Carlon Jeffery (born July 10, 1993) is an American actor and rapper. He is best known for playing Cameron Parks in the Disney Channel sitcom A.N.T. Farm (2011–2013).

Life and career 

Jeffery was born in Houston, Texas and has been performing since the age of eight. He grew up in Cincinnati, Ohio, performing in numerous community venues. He and his family moved to Los Angeles, California in 2005, so he could pursue a career his music and acting. In 2017, Jeffery had a daughter with Yaneris Mendiola named Giselle Ariana. Jeffery frequently visits the Bay Area to see Giselle and Mendiola.
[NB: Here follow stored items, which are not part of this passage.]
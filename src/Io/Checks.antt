-- ===== src/Io/Checks.antt =====
-- The checks of the arguments of `do_io` in src/ugds_io.cpp.
use u_gds.Prelude.{
  ℕ, ◌%◌, ◌<◌, ◌≡◌, refl, Bool-cases, ◌⊎◌, inl, inr, none, some, arith, ◌==◌, not, ◌||◌, neg,
}
use u_gds.Queue.{einval}
use u_gds.Io.Types.{HandleState}
use u_gds.Io.Entry.{check_args}

-- whole blocks of the file, and something to transfer
pub record IsAccepted (hs : HandleState) (base size file_offset : ℕ) : Type 0 where
  pub base_pos : 0 < base
  pub size_pos : 0 < size
  pub block_pos : 0 < hs.block_size
  pub offset_whole : file_offset % hs.block_size ≡ 0
  pub size_whole : size % hs.block_size ≡ 0
  pub page_pos : 0 < hs.ctrl.page_size

-- for a file offset that is not negative: refused, or let through and whole blocks
pub check_args-decides :
    (hs : HandleState) (base size file_offset : ℕ)
    → ((check_args hs base size file_offset ≡ some (neg einval))
        × ¬ IsAccepted hs base size file_offset)
      ⊎ ((check_args hs base size file_offset ≡ none) × IsAccepted hs base size file_offset)
unfolding check_args
check_args-decides hs base size file_offset =
    elim (Bool-cases (base == 0 || size == 0 || hs.block_size == 0)) [
      | inl empty ↦ inl (rw empty refl, λ a. ground (arith, a.base_pos, a.size_pos, a.block_pos))
      | inr some_bytes ↦
          elim (Bool-cases
            (not (file_offset % hs.block_size == 0) || not (size % hs.block_size == 0))) [
              | inl uneven ↦
                  inl (
                    rw (some_bytes, uneven) refl,
                    λ a. ground (arith, a.offset_whole, a.size_whole),
                  )
              | inr even ↦ elim (Bool-cases (hs.ctrl.page_size == 0)) [
                | inl pageless ↦
                    inl (rw (some_bytes, even, pageless) refl, λ a. ground (arith, a.page_pos))
                | inr paged ↦ inr (
                  rw (some_bytes, even, paged) refl,
                  record {
                    base_pos = ground arith;
                    size_pos = ground arith;
                    block_pos = ground arith;
                    offset_whole = ground arith;
                    size_whole = ground arith;
                    page_pos = ground arith;
                  },
                )
              ]
            ]
    ]
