-- ===== src/Io/Ends.antt =====
-- How a part of a request may end: it goes on or stops, and is never stuck.
use u_gds.Prelude.{ℤ}
use u_gds.Io.Types.{Progress, Attempt, go, stop, Step, and_then}

pub data Ends {A : Type 0} (P : A → Progress → Type 0) (Q : ℤ → Progress → Type 0)
    : Attempt A → Type 0 where
  goes : {a : A} {s : Progress} → P a s → Ends P Q (go a s)
  stops : {r : ℤ} {s : Progress} → Q r s → Ends P Q (stop r s)

module _ {A : Type 0} {P : A → Progress → Type 0} {Q : ℤ → Progress → Type 0} where
  pub bind :
      {B : Type 0} {R : B → Progress → Type 0} {m : Attempt A} {k : A → Step B}
      → Ends P Q m
      → ((a : A) (s : Progress) → P a s → Ends R Q (k a s))
      → Ends R Q (and_then m k)
  bind (goes p) next = next _ _ p
  bind (stops q) next = stops q

  pub mono :
      {P' : A → Progress → Type 0} {Q' : ℤ → Progress → Type 0} {m : Attempt A}
      → Ends P Q m
      → ((a : A) (s : Progress) → P a s → P' a s)
      → ((r : ℤ) (s : Progress) → Q r s → Q' r s)
      → Ends P' Q' m
  mono (goes p) f g = goes (f _ _ p)
  mono (stops q) f g = stops (g _ _ q)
Within the next year, he landed his first notable acting role, a guest appearance in It's Always Sunny in Philadelphia. In 2007, he had a three-episode stint in the drama Heroes. His other television credits include Bones and Trust Me.

He co-starred as Cameron Parks in the Disney Channel sitcom A.N.T. Farm, which premiered in 2011. He left the show after the second season ended and Aedin Mincks joined the main cast in the third season. However, in October 2013, he did appear on the show as a guest star. He returned for one episode "feature presANTation" in the third and final season of A.N.T. Farm.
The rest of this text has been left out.